Unlike the Daoist priests on Tai Mountain, Daoist and Buddhist monks elsewhere
treated their creed as something more than an easy job on the state payroll. They
seriously practice their traditions, and apply the philosophy of their religious
traditions to their lives. Perhaps the best example of this is Mr. Song, the
Buddhist monk with whom I stayed at Kongtong Mountain. Even though he's a Buddhist monk, I'd go hiking with him every day to a nearby peak where he would burn incense, and on the way back he'd collect mushrooms. Every evening he, and friends of his who work for the mountains tourism services, would sit down to eat mushrooms and pinenuts, which according to Daoist mythology are the staple diet of those who wish to live in the mountains and attain immortality. Unlike most Chinese I talked with on trains and cabs, Mr. Song did not pepper me with questions about prices and wages in America - We'd talk about hiking, and finding local Daoist monks, friends of his who are experts in the local mythology.
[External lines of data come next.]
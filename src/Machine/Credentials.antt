-- ===== src/Machine/Credentials.antt =====
-- API keys: `insert_machine_credential`, rotation and revocation of src/db/machine.rs, each one
-- transaction. A fresh key identifier and secret are arguments, and so is what `bcrypt::hash`
-- returned for the secret.
pub mod Runs
pub mod Dead
pub mod Finality
pub mod Issued
use keylo.Base.Results.{Result, ok, err, ◌>>=◌, ok_or}
use keylo.Base.{
  ℕ, String, Bool, true, false, not, ◌&&◌, ◌||◌, Option, none, some, List, [], ◌∷◌, ◌++◌, ◌==◌, any,
  find, unwrap_or, update_where, if◌then◌else◌,
}
use keylo.Session.Tables.{coalesce, same_text}
use keylo.Organizations.Tables.{Failure, bail, constraint_violation, ensure}
use keylo.Organizations.Managers.{lock_active_organization_manager_target}
use keylo.Machine.ApiKey.{key_prefix, api_key}
use keylo.Machine.Tables.{MachineCredential, Db}
use keylo.Machine.Scope.{normalize_organization_id, lock_machine_principal_scope}

pub record CreateMachineCredentialParams : Type 0 where
  pub principal_id : String
  pub organization_id : Option String
  pub created_by_principal_id : Option String
  pub expires_at : Option ℕ
  pub allowed_scopes : List String
  pub allowed_audiences : List String

pub record RotateMachineCredentialParams : Type 0 where
  pub principal_id : String
  pub organization_id : Option String
  pub key_id : String
  pub created_by_principal_id : Option String
  pub expires_at : Option ℕ
  pub allowed_scopes : Option (List String)
  pub allowed_audiences : Option (List String)

-- A fresh key identifier and secret, and what `bcrypt::hash` returned for the secret.
pub record FreshKey : Type 0 where
  pub key_id : String
  pub secret : String
  pub hashed : Option String

-- What leaves the server of a row: everything but the hash and the revocation.
pub record MachineCredentialInfo : Type 0 where
  pub key_id : String
  pub prefix : String
  pub principal_id : String
  pub organization_id : Option String
  pub status : String
  pub expires_at : Option ℕ
  pub last_used_at : Option ℕ
  pub created_by_principal_id : Option String
  pub allowed_scopes : List String
  pub allowed_audiences : List String
  pub created_at : ℕ
  pub updated_at : ℕ

abbrev pub machine_credential_from_row : MachineCredential → MachineCredentialInfo
machine_credential_from_row c = record {
  key_id = c.key_id;
  prefix = c.prefix;
  principal_id = c.principal_id;
  organization_id = c.organization_id;
  status = c.status;
  expires_at = c.expires_at;
  last_used_at = c.last_used_at;
  created_by_principal_id = c.created_by_principal_id;
  allowed_scopes = c.allowed_scopes;
  allowed_audiences = c.allowed_audiences;
  created_at = c.created_at;
  updated_at = c.updated_at;
}

pub record MachineCredentialSecretResponse : Type 0 where
  pub credential : MachineCredentialInfo
  pub api_key : String

abbrev pub new_credential :
    ℕ → String → String → Option String → CreateMachineCredentialParams → MachineCredential
new_credential now key_id secret_hash organization_id p = record {
  key_id = key_id;
  prefix = key_prefix key_id;
  secret_hash = secret_hash;
  principal_id = p.principal_id;
  organization_id = organization_id;
  status = "active";
  expires_at = p.expires_at;
  last_used_at = none;
  created_by_principal_id = p.created_by_principal_id;
  allowed_scopes = p.allowed_scopes;
  allowed_audiences = p.allowed_audiences;
  revoked_at = none;
  revoke_reason = none;
  created_at = now;
  updated_at = now;
}

abbrev pub is_nonempty : List String → Bool
is_nonempty [] = false
is_nonempty (s ∷ ss) = true

abbrev pub refers : (String → Bool) → Option String → Bool
refers test none = true
refers test (some id) = test id

-- INSERT INTO machine_credentials: the primary key, UNIQUE (prefix), the foreign keys and the CHECKs.
unfoldable pub insert_row : MachineCredential → Db → Result Db Failure
insert_row c db =
    if any (λ r. r.key_id == c.key_id) db.machine_credentials
      || any (λ r. r.prefix == c.prefix) db.machine_credentials
      || not (any (λ p. p.id == c.principal_id) db.directory.principals)
      || not (refers (λ id. any (λ o. o.id == id) db.directory.organizations) c.organization_id)
      || not
          (refers (λ id. any (λ p. p.id == id) db.directory.principals) c.created_by_principal_id)
      || not (is_nonempty c.allowed_scopes)
      || not (is_nonempty c.allowed_audiences)
    then err constraint_violation
    else ok (record db { machine_credentials = db.machine_credentials ++ c ∷ [] })

unfoldable pub insert_machine_credential :
    ℕ
    → FreshKey
    → CreateMachineCredentialParams
    → Db
    → Result (MachineCredentialSecretResponse × Db) Failure
insert_machine_credential now fresh p db =
    normalize_organization_id p.organization_id >>= λ organization_id.
    lock_machine_principal_scope db p.principal_id organization_id >>= λ scope.
    ok_or (bail "bcrypt") fresh.hashed >>= λ secret_hash.
    let c = new_credential now fresh.key_id secret_hash organization_id p in
    insert_row c db >>= λ db'. ok (
      record {
        credential = machine_credential_from_row c;
        api_key = api_key (key_prefix fresh.key_id) fresh.secret;
      },
      db',
    )

abbrev pub in_scope : String → Option String → String → MachineCredential → Bool
in_scope principal_id organization_id key_id c =
    c.key_id == key_id
    && c.principal_id == principal_id
    && same_text c.organization_id organization_id

abbrev pub answered :
    Result (MachineCredentialSecretResponse × Db) Failure
    → Result (Option MachineCredentialSecretResponse × Db) Failure
answered (ok (response, db)) = ok (some response, db)
answered (err e) = err e

-- The existing key, if the scope has it, and the row of its successor.
unfoldable pub rotate_existing :
    ℕ
    → FreshKey
    → RotateMachineCredentialParams
    → Db
    → Option MachineCredential
    → Result (Option MachineCredentialSecretResponse × Db) Failure
rotate_existing now fresh p db none = ok (none, db)
rotate_existing now fresh p db (some existing) =
    if not (existing.status == "active")
    then ok (none, db)
    else answered (
        insert_machine_credential now fresh
          (record {
            principal_id = p.principal_id;
            organization_id = p.organization_id;
            created_by_principal_id = p.created_by_principal_id;
            expires_at = coalesce p.expires_at existing.expires_at;
            allowed_scopes = unwrap_or p.allowed_scopes existing.allowed_scopes;
            allowed_audiences = unwrap_or p.allowed_audiences existing.allowed_audiences;
          })
          db)

unfoldable pub rotate_machine_credential :
    ℕ
    → FreshKey
    → RotateMachineCredentialParams
    → Db
    → Result (Option MachineCredentialSecretResponse × Db) Failure
rotate_machine_credential now fresh p db =
    rotate_existing now fresh p db
      (find (in_scope p.principal_id p.organization_id p.key_id) db.machine_credentials)

abbrev pub revoke_key : ℕ → Option String → MachineCredential → MachineCredential
revoke_key now reason c = record c {
  status = "revoked";
  revoked_at = coalesce c.revoked_at (some now);
  revoke_reason = coalesce c.revoke_reason reason;
  updated_at = now;
}

-- rows_affected() > 0
unfoldable pub revoke_machine_credential_in_scope :
    ℕ → String → Option String → String → Option String → Db → Bool × Db
revoke_machine_credential_in_scope now principal_id organization_id key_id reason db = (
  any (in_scope principal_id organization_id key_id) db.machine_credentials,
  record db {
    machine_credentials =
        update_where (in_scope principal_id organization_id key_id) (revoke_key now reason)
          db.machine_credentials;
  },
)

-- The operations that a manager of the organization delegates, under the manager's lock.
unfoldable pub create_machine_credential_as_organization_manager :
    ℕ
    → String
    → String
    → FreshKey
    → CreateMachineCredentialParams
    → Db
    → Result (MachineCredentialSecretResponse × Db) Failure
create_machine_credential_as_organization_manager now organization_id actor fresh p db =
    normalize_organization_id p.organization_id >>= λ normalized.
    ensure (same_text normalized (some organization_id)) "machine_scope_mismatch" >>= λ _.
    lock_active_organization_manager_target db.directory organization_id actor p.principal_id
    >>= λ _. insert_machine_credential now fresh p db

unfoldable pub rotate_machine_credential_as_organization_manager :
    ℕ
    → String
    → String
    → FreshKey
    → RotateMachineCredentialParams
    → Db
    → Result (Option MachineCredentialSecretResponse × Db) Failure
rotate_machine_credential_as_organization_manager now organization_id actor fresh p db =
    lock_active_organization_manager_target db.directory organization_id actor p.principal_id
    >>= λ _.
        rotate_machine_credential now fresh
          (record p {
            organization_id = some organization_id;
            created_by_principal_id = some actor;
          })
          db

unfoldable pub revoke_machine_credential_as_organization_manager :
    ℕ → String → String → String → String → Option String → Db → Result (Bool × Db) Failure
revoke_machine_credential_as_organization_manager now organization_id actor principal_id key_id
      reason db =
    lock_active_organization_manager_target db.directory organization_id actor principal_id >>= λ _.
    ok (revoke_machine_credential_in_scope now principal_id (some organization_id) key_id reason db)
Without a doubt, this Buddhist monk, practicing both Buddhist and Daoist traditions, was the most fascinating character I met during my adventure in China.
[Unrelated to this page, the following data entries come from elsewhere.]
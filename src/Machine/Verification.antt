-- ===== src/Machine/Verification.antt =====
-- `verify_machine_credential` of src/db/machine.rs, one transaction; `bcrypt::verify` is a parameter.
pub mod Meaning
use keylo.Base.Results.{Result, ok, ◌>>=◌, ok_or}
use keylo.Base.{
  ℕ, String, Bool, true, not, ◌&&◌, ◌||◌, Option, none, some, [], ◌==◌, any, find, ltb,
  update_where, if◌then◌else◌,
}
use keylo.Organizations.Tables.{Principal, Failure, bail}
use keylo.Machine.ApiKey.{parse_raw_api_key}
use keylo.Machine.Tables.{MachineCredential, Db}
use keylo.Machine.Scope.{machine_principal_context_is_active}
use keylo.Machine.Credentials.{MachineCredentialInfo, machine_credential_from_row}

pub data MachineCredentialVerification : Type 0 where
  authorized : MachineCredentialInfo → Principal → MachineCredentialVerification
  invalid : MachineCredentialVerification

abbrev pub is_unexpired : ℕ → Option ℕ → Bool
is_unexpired now none = true
is_unexpired now (some expires_at) = ltb now expires_at

-- `currently_valid`
abbrev pub is_currently_valid : ℕ → String → String → Db → MachineCredential → Principal → Bool
is_currently_valid now required_scope required_audience db c p =
    c.status == "active"
    && is_unexpired now c.expires_at
    && any (λ scope. scope == required_scope) c.allowed_scopes
    && any (λ audience. audience == required_audience || audience == "*") c.allowed_audiences
    && p.active
    && machine_principal_context_is_active db p c.organization_id

abbrev pub with_principal :
    MachineCredential → Option Principal → Option (MachineCredential × Principal)
with_principal c none = none
with_principal c (some p) = some (c, p)

-- SELECT … INNER JOIN principals … WHERE credential.key_id = …
abbrev pub joined : Db → Option MachineCredential → Option (MachineCredential × Principal)
joined db none = none
joined db (some c) = with_principal c (find (λ p. p.id == c.principal_id) db.directory.principals)

-- SET last_used_at = NOW(), updated_at = NOW()
abbrev pub used : ℕ → MachineCredential → MachineCredential
used now c = record c { last_used_at = some now; updated_at = now }

module _ (verify : String → String → Option Bool) where
  unfoldable pub verify_row :
      ℕ
      → String
      → String
      → String
      → Db
      → Option (MachineCredential × Principal)
      → Result (MachineCredentialVerification × Db) Failure
  verify_row now secret scope audience db none = ok (invalid, db)
  verify_row now secret scope audience db (some (c, p)) =
      ok_or (bail "bcrypt") (verify secret c.secret_hash) >>= λ matches.
      if not matches || not (is_currently_valid now scope audience db c p)
      then ok (invalid, db)
      else ok (
        authorized (record (machine_credential_from_row c) { last_used_at = some now }) p,
        record db {
          machine_credentials =
              update_where (λ r. r.key_id == c.key_id) (used now) db.machine_credentials;
        },
      )

  unfoldable pub verify_parsed :
      ℕ
      → String
      → String
      → Db
      → Option (String × String)
      → Result (MachineCredentialVerification × Db) Failure
  verify_parsed now scope audience db none = ok (invalid, db)
  verify_parsed now scope audience db (some (key_id, secret)) =
      verify_row now secret scope audience db
        (joined db (find (λ c. c.key_id == key_id) db.machine_credentials))

  unfoldable pub verify_machine_credential :
      ℕ → String → String → String → Db → Result (MachineCredentialVerification × Db) Failure
  verify_machine_credential now raw_api_key required_scope required_audience db =
      verify_parsed now required_scope required_audience db (parse_raw_api_key raw_api_key)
Before experiencing religion in China itself, I had learned, and thus knew
intellectually, 1) that the Chinese blend their practice of Buddhism and Daoism on
an individual scale, and 2) that Buddhism has been the stronger of the two
traditions for the last millenium or so. Knowing these facts intellectually, though,
does not do reality justice. To hike along with a Buddhist monk on Kongtong Mountain
who in one breath invokes the name of a bodhisattva and in the next gathers
mushrooms in preparation for Daoist immortality, is a far cry from knowing
intellectually that many Buddhist gods are inspired by Daoist gods in the same way
that the Roman pantheon correlates with the Greek pantheon. Furthermore, the
contrast in practice of spiritual traditions between the most important mountain for
Chinese Buddhists, the Five Peaks (Wutai) Mountains, and the most important mountain in Daoist mythology, Tai Mountain, could not have been greater. In the Wutai Mountains, my cab driver one day showed me a secret book he'd received from his Buddhist meditation master that non-devotees are not supposed to peruse. He only
felt comfortable showing it to me because he knew that I could not easily read it.
This is the same cab driver who worships at a local dragon monument, and who, like a
local restaurant owner I got to know, can rattle off whole mythological stories like
they were fresh gossip. In contrast, at Tai Mountain, the priests at the most
important temple on the mountain did not even sell the Dao De Jing or books about
myths, let alone claim any knowledge of them. In the end, I learned more about
native Chinese mythology through the Buddhists I met than through the Daoists I met.
It was from Buddhists that I learned about dragons who write poetry and cure
blindness, and magical stones that cause their local climate to become more benign
and suitable for agriculture.

I did not expect, however, that tales of true love would be so important in Chinese
mythology. While Buddhist tales would focus on Chinese dragons and tigers being
turned into immense rocks, many of the Daoist tales priests chose to tell me were
really love stories, often with no magical or supernatural aspects to them at all.
In a way, this experience is a reflection of the primary role Daoism plays in
Chinese life today, where Daoist priests on Tai Mountain entertain couples hoping
for prosperous futures foretold by divination, but yet know no mythological tales to
share.

Perhaps the most challenging part of my trip was explaining to ordinary Chinese folk
I'd meet on trains and in restaurants why exactly I was interested in their mythology. I imagine Americans would be similarly befuddled to encounter a foreigner who barely speaks English expressing a profound interest in Santa Claus carols. In the end, though, it is precisely this reaction to such tales that makes the study of them so imperative for foreigners to know about them. Buddhist myths and Santa Claus
tales are so representative of who Chinese and Americans, respectfully, are that
they are like the air they, or we, breathe - They're like the personality quirks
each person has that may be small, but yet are true indicators of what our personality is like. The Chinese nation is so large, and its people so self-absorbed, that they (like Americans) cannot understand how someone could want to study their stories, seeing as how everyone should already know about such obvious things.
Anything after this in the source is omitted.